(Dataset entries)
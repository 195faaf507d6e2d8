-- ===== src/Vision/Fuel.antt =====
-- crates/clash-proxynet/src/vision.rs: the rounds of the loop of poll_read are enough in every
-- state.
use rust_clash.Common.{
  ℕ, zero, suc, ◌+◌, ◌-◌, ◌<◌, ◌≤◌, ◌≡◌, inl, inr, refl, sym, ◌∙◌, ap, true, false, ◌&&◌, ◌||◌,
  Option, none, some, List, arith, length, length-drop, drop, ltb, ◌==◌, Bool-cases, at, from_be16,
  Option-cases, ◌⊎◌, take, not, list_beq, nat_eq,
}
use Prim.Native.Nat.{min}
use rust_clash.Io.{Next}
use rust_clash.Vision.{
  VisionRead, Mode, max_frame, consume, try_decide, read_frame_header, finish_framing, read_framed,
  decide_loop, settle, read_raw, fill_from_session,
}

-- How many rounds more there can be.
abbrev weight : Mode → ℕ → ℕ
weight Mode.raw n = 0
weight Mode.framed n = suc n
weight Mode.undecided n = suc (suc n)

abbrev rounds : VisionRead → ℕ
rounds s = weight s.mode (length s.buffered)

mode_cases : (m : Mode) → (m ≡ Mode.raw) ⊎ ((m ≡ Mode.framed) ⊎ (m ≡ Mode.undecided))
mode_cases Mode.raw = inl refl
mode_cases Mode.framed = inr (inl refl)
mode_cases Mode.undecided = inr (inr refl)

weight_le : (m : Mode) (n : ℕ) → weight m n < n + 3
weight_le Mode.raw n = omega arith
weight_le Mode.framed n = omega arith
weight_le Mode.undecided n = omega arith

header_shape :
    (s : VisionRead)
    → (read_frame_header s).0 ≡ true
    → ((read_frame_header s).1.mode ≡ s.mode)
      × ((read_frame_header s).1.buffered ≡ drop 5 s.buffered)
unfolding read_frame_header
header_shape s ok =
    let content = from_be16 (at s.buffered 1) (at s.buffered 2) in
    let padding = from_be16 (at s.buffered 3) (at s.buffered 4) in
    elim (Bool-cases (ltb max_frame (content + padding + 5))) [
      | inl big ↦
          let bad : (read_frame_header s).0 ≡ false = rw (read_frame_header, big) refl in absurd cc
      | inr fits ↦ elim (Bool-cases (ltb 0 content)) [
        | inl full ↦ rw (read_frame_header, fits, full) (refl, refl)
        | inr bare ↦ rw (read_frame_header, fits, bare) (refl, refl)
      ]
    ]

header_rounds :
    (s : VisionRead)
    → s.mode ≡ Mode.framed
    → ltb (length s.buffered) 5 ≡ false
    → (read_frame_header s).0 ≡ true
    → rounds (read_frame_header s).1 < suc (length s.buffered)
header_rounds s framed long ok =
    let t = (read_frame_header s).1 in
    let (mode, buffered) = header_shape s ok in
    let less : rounds t ≡ suc (length t.buffered) =
      ap (λ m. weight m (length t.buffered)) (mode ∙ framed) in
    ground (arith, less, long, ap length buffered, length-drop 5 s.buffered)

module _ (uuid : List ℕ) (detach : List ℕ → Option (List ℕ)) where
  finish_raw : (s : VisionRead) → (finish_framing uuid detach s).mode ≡ Mode.raw
  unfolding finish_framing
  finish_raw s = elim (Bool-cases (s.command == 2)) [
    | inl h ↦ elim (Option-cases (detach s.buffered)) [
      | inl e ↦ rw (finish_framing, h, e) refl
      | inr (front, e) ↦ rw (finish_framing, h, e) refl
    ]
    | inr h ↦ rw h refl
  ]

  framed_same :
      (loop other : VisionRead → Next VisionRead) (room : ℕ) (s : VisionRead)
      → s.mode ≡ Mode.framed
      → ((t : VisionRead) → rounds t < suc (length s.buffered) → loop t ≡ other t)
      → read_framed uuid detach loop room s ≡ read_framed uuid detach other room s
  unfolding read_framed
  framed_same loop other room s framed same =
      elim (Bool-cases (s.remaining_content == 0 && s.remaining_padding == 0)) [
        | inl over ↦ elim (Bool-cases (s.command == 1 || s.command == 2)) [
          | inl last ↦
              rw (over, last)
                (same (finish_framing uuid detach s) (rw (finish_raw s) (omega arith)))
          | inr more ↦ elim (Bool-cases (ltb (length s.buffered) 5)) [
            | inl short ↦ rw (over, more, short) refl
            | inr long ↦ elim (Bool-cases (read_frame_header s).0) [
              | inl ok ↦
                  rw (over, more, long, ok)
                    (same (read_frame_header s).1 (header_rounds s framed long ok))
              | inr bad ↦ rw (over, more, long, bad) refl
            ]
          ]
        ]
        | inr left ↦ elim (Bool-cases (length s.buffered == 0)) [
          | inl none_in ↦ rw (left, none_in) refl
          | inr some_in ↦ elim (Bool-cases (ltb 0 s.remaining_content)) [
            | inl wanted ↦ rw (left, some_in, wanted) refl
            | inr padding ↦
                let skip = min s.remaining_padding (length s.buffered) in
                rw (left, some_in, padding)
                  (same (record (consume skip s) { remaining_padding = s.remaining_padding - skip })
                    (rw framed (ground (arith, length-drop skip s.buffered))))
          ]
        ]
      ]

  try_decide_cases :
      (s : VisionRead)
      → s.mode ≡ Mode.undecided
      → (try_decide uuid s ≡ none)
        ⊎ ((t : VisionRead) × (try_decide uuid s ≡ some t) × (rounds t < rounds s))
  unfolding try_decide
  try_decide_cases s undecided =
      let compared = min (length s.buffered) 16 in
      let much : rounds s ≡ suc (suc (length s.buffered)) =
        ap (λ m. weight m (length s.buffered)) undecided in
      elim (Bool-cases
        (ltb 0 compared && not (list_beq (take compared s.buffered) (take compared uuid)))) [
          | inl other ↦
              inr (record s { mode = Mode.raw }, rw (try_decide, other) refl, omega (arith, much))
          | inr same ↦ elim (Bool-cases (ltb (length s.buffered) 21)) [
            | inl short ↦ inl (rw (try_decide, same, short) refl)
            | inr long ↦ inr (
              record (consume 16 s) { mode = Mode.framed },
              rw (try_decide, same, long) refl,
              omega (arith, much, length-drop 16 s.buffered),
            )
          ]
        ]

  -- A round, by the mode.
  module _ (fuel room : ℕ) (s : VisionRead) where
    raw_round :
        (answer : Next VisionRead)
        → s.mode ≡ Mode.raw
        → read_raw room s ≡ answer
        → decide_loop uuid detach (suc fuel) room s ≡ answer
    unfolding decide_loop
    raw_round answer mode same = rw (decide_loop, mode) same

    framed_round :
        (answer : Next VisionRead)
        → s.mode ≡ Mode.framed
        → read_framed uuid detach (λ t. decide_loop uuid detach fuel room t) room s ≡ answer
        → decide_loop uuid detach (suc fuel) room s ≡ answer
    unfolding decide_loop
    framed_round answer mode same = rw (decide_loop, mode) same

    waiting_round :
        (answer : Next VisionRead)
        → s.mode ≡ Mode.undecided
        → try_decide uuid s ≡ none
        → fill_from_session s ≡ answer
        → decide_loop uuid detach (suc fuel) room s ≡ answer
    unfolding decide_loop
    waiting_round answer mode e same = rw (decide_loop, mode, e) same

    decided_round :
        (t : VisionRead)
        → s.mode ≡ Mode.undecided
        → try_decide uuid s ≡ some t
        → decide_loop uuid detach (suc fuel) room s ≡ decide_loop uuid detach fuel room t
    unfolding decide_loop
    decided_round t mode e = rw (decide_loop, mode, e) refl

  -- More rounds than there can be change nothing.
  decide_loop_more :
      (fuel more room : ℕ) (s : VisionRead)
      → rounds s < fuel
      → fuel ≤ more
      → decide_loop uuid detach more room s ≡ decide_loop uuid detach fuel room s
  decide_loop_more zero more room s h k = absurd (omega arith)
  decide_loop_more (suc fuel) zero room s h k = absurd (omega arith)
  decide_loop_more (suc fuel) (suc more) room s h k = elim (mode_cases s.mode) [
    | inl raw ↦
        raw_round more room s (read_raw room s) raw refl
        ∙ sym (raw_round fuel room s (read_raw room s) raw refl)
    | inr (inl framed) ↦
        let much : rounds s ≡ suc (length s.buffered) =
          ap (λ m. weight m (length s.buffered)) framed in
        framed_round more room s
          (read_framed uuid detach (λ t. decide_loop uuid detach more room t) room s) framed refl
        ∙ framed_same (λ t. decide_loop uuid detach more room t)
            (λ t. decide_loop uuid detach fuel room t) room s framed
            (λ t less. decide_loop_more fuel more room t (omega (arith, much, h)) (omega arith))
        ∙ sym (
            framed_round fuel room s
              (read_framed uuid detach (λ t. decide_loop uuid detach fuel room t) room s) framed
              refl)
    | inr (inr undecided) ↦ elim (try_decide_cases s undecided) [
      | inl e ↦
          waiting_round more room s (fill_from_session s) undecided e refl
          ∙ sym (waiting_round fuel room s (fill_from_session s) undecided e refl)
      | inr (t, e, less) ↦
          decided_round more room s t undecided e
          ∙ decide_loop_more fuel more room t (omega arith) (omega arith)
          ∙ sym (decided_round fuel room s t undecided e)
    ]
  ]

  -- The loop with more rounds than settle gives it answers what settle does, in every state.
  settle_enough :
      (more room : ℕ) (s : VisionRead)
      → length s.buffered + 3 ≤ more
      → decide_loop uuid detach more room s ≡ settle uuid detach room s
  unfolding settle
  settle_enough more room s h =
      decide_loop_more (length s.buffered + 3) more room s (weight_le s.mode (length s.buffered)) h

◆ **PROBLEM DESCRIPTION**
Each line above that contains the word "false" should be returned.

◆ **RESULT FOR THIS EXERCISE**
  ℕ, zero, suc, ◌+◌, ◌-◌, ◌<◌, ◌≤◌, ◌≡◌, inl, inr, refl, sym, ◌∙◌, ap, true, false, ◌&&◌, ◌||◌,
          let bad : (read_frame_header s).0 ≡ false = rw (read_frame_header, big) refl in absurd cc
    → ltb (length s.buffered) 5 ≡ false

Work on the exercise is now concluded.